BRIEF:
Give back only the lines in the records below from the one with "one_round n i _" to the one with "(Lacks-Misses v []", both inclusive, word for word.

-=-=-=-=-

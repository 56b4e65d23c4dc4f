-- ===== src/Manager/Removal/Rounds.antt =====
-- The rounds of the loops of delGroupClient and delSystemClient that do not meet the client id.
use go_websocket.Prelude.{
  ℕ, zero, suc, ◌+◌, ◌-◌, ◌≤◌, ◌<◌, ◌≡◌, refl, ap, ◌∙◌, true, false, List, [], ◌∷◌, ◌++◌, arith,
  get_or, drop, length, take-length,
}
use go_websocket.Prelude.Text.{Str, str_eq}
use go_websocket.Manager.Removal.{
  returned, Slice, remove_at, remove_step, remove_rounds, remove_client, visible,
}

-- No entry equals the id.
abbrev pub Lacks : Str → List Str → Type 0
Lacks v [] = Unit {0}
Lacks v (x ∷ xs) = (str_eq x v ≡ false) × Lacks v xs

pub Lacks-append : (v : Str) (xs ys : List Str) → Lacks v xs → Lacks v ys → Lacks v (xs ++ ys)
Lacks-append v [] ys h k = k
Lacks-append v (x ∷ xs) ys h k = (h.0, Lacks-append v xs ys h.1 k)

pub Lacks-drop : (v : Str) (n : ℕ) (xs : List Str) → Lacks v xs → Lacks v (drop n xs)
Lacks-drop v zero xs h = h
Lacks-drop v (suc n) [] h = h
Lacks-drop v (suc n) (x ∷ xs) h = Lacks-drop v n xs h.1

-- The cells from `i` on, `r` of them, are not the id.
abbrev pub Misses : Str → List Str → ℕ → ℕ → Type 0
Misses v a i r = (j : ℕ) → i ≤ j → j < i + r → str_eq (get_or a j []) v ≡ false

pub Lacks-get_or :
    (v : Str) (xs : List Str) (j : ℕ)
    → Lacks v xs
    → j < length xs
    → str_eq (get_or xs j []) v ≡ false
Lacks-get_or v [] j h l = absurd (omega arith)
Lacks-get_or v (x ∷ xs) zero h l = h.0
Lacks-get_or v (x ∷ xs) (suc j) h l = Lacks-get_or v xs j h.1 (omega arith)

pub get_or_shift :
    (p xs : List Str) (i j : ℕ) → j ≡ length p + i → get_or (p ++ xs) j [] ≡ get_or xs i []
get_or_shift [] xs i j e = ap (λ n. get_or xs n []) (omega arith)
get_or_shift (x ∷ p) xs i zero e = absurd (omega arith)
get_or_shift (x ∷ p) xs i (suc j) e = get_or_shift p xs i j (omega arith)

pub Lacks-Misses :
    (v : Str) (p xs : List Str) (i r : ℕ)
    → Lacks v xs
    → length p ≤ i
    → i + r ≤ length p + length xs
    → Misses v (p ++ xs) i r
Lacks-Misses v p xs i r h l u j a b =
    rw (get_or_shift p xs (j - length p) j (omega arith))
      (Lacks-get_or v xs (j - length p) h (omega arith))

pub Lacks-Misses_front : (v : Str) (p q : List Str) → Lacks v p → Misses v (p ++ q) 0 (length p)
Lacks-Misses_front v [] q h j l u = absurd (omega arith)
Lacks-Misses_front v (x ∷ p) q h zero l u = h.0
Lacks-Misses_front v (x ∷ p) q h (suc j) l u =
    Lacks-Misses_front v p q h.1 j (omega arith) (omega arith)

abbrev pub over : List Str → ℕ → Slice
over a m = record { array = a; len = m }

module _ (g : ℕ) (v : Str) where
  pub remove_step-miss :
      (i : ℕ) (s : Slice)
      → str_eq (get_or s.array i []) v ≡ false
      → remove_step g v i s ≡ returned s
  unfolding remove_step
  remove_step-miss i s h = rw h

  pub remove_step-hit :
      (i : ℕ) (s : Slice)
      → str_eq (get_or s.array i []) v ≡ true
      → remove_step g v i s ≡ remove_at g i s
  unfolding remove_step
  remove_step-hit i s h = rw h

  pub one_round :
      (n i : ℕ) (s t : Slice)
      → remove_step g v i s ≡ returned t
      → remove_rounds g v (suc n) i s ≡ remove_rounds g v n (i + 1) t
  unfolding remove_rounds
  one_round n i s t e = rw (e, remove_rounds)

  pub at_index :
      (n m i j : ℕ) (s : Slice) → n ≡ m → i ≡ j → remove_rounds g v n i s ≡ remove_rounds g v m j s
  at_index n m i j s e f = cc

  -- Cells that are not the id leave the slice alone.
  pub scan :
      (a : List Str) (m r k n i : ℕ)
      → n ≡ r + k
      → Misses v a i r
      → remove_rounds g v n i (over a m) ≡ remove_rounds g v k (i + r) (over a m)
  scan a m zero k n i e h = at_index n k i (i + 0) (over a m) (omega arith) (omega arith)
  scan a m (suc r) k zero i e h = absurd (omega arith)
  scan a m (suc r) k (suc n) i e h =
      one_round n i _ _ (remove_step-miss i _ (h i (omega arith) (omega arith)))
      ∙ (scan a m r k n (i + 1) (omega arith) (λ j l u. h j (omega arith) (omega arith))
          ∙ at_index k k (i + 1 + r) (i + suc r) (over a m) refl (omega arith))

  pub scan_to_end :
      (a : List Str) (m r i : ℕ)
      → Misses v a i r
      → remove_rounds g v r i (over a m) ≡ returned (over a m)
  unfolding remove_rounds
  scan_to_end a m r i h = scan a m r 0 r i (omega arith) h

  -- An id that is not in the list leaves it as it is.
  pub remove_client_absent : (ids : List Str) → Lacks v ids → remove_client g v ids ≡ returned ids
  unfolding remove_client
  remove_client_absent ids h =
      ap visible (
        scan_to_end ids (length ids) (length ids) 0
          (Lacks-Misses v [] ids 0 (length ids) h (omega arith) (omega arith)))
      ∙ ap returned (take-length ids)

-=-=-=-=-

REPLY:
      one_round n i _ _ (remove_step-miss i _ (h i (omega arith) (omega arith)))
      ∙ (scan a m r k n (i + 1) (omega arith) (λ j l u. h j (omega arith) (omega arith))
          ∙ at_index k k (i + 1 + r) (i + suc r) (over a m) refl (omega arith))

  pub scan_to_end :
      (a : List Str) (m r i : ℕ)
      → Misses v a i r
      → remove_rounds g v r i (over a m) ≡ returned (over a m)
  unfolding remove_rounds
  scan_to_end a m r i h = scan a m r 0 r i (omega arith) h

  -- An id that is not in the list leaves it as it is.
  pub remove_client_absent : (ids : List Str) → Lacks v ids → remove_client g v ids ≡ returned ids
  unfolding remove_client
  remove_client_absent ids h =
      ap visible (
        scan_to_end ids (length ids) (length ids) 0
          (Lacks-Misses v [] ids 0 (length ids) h (omega arith) (omega arith)))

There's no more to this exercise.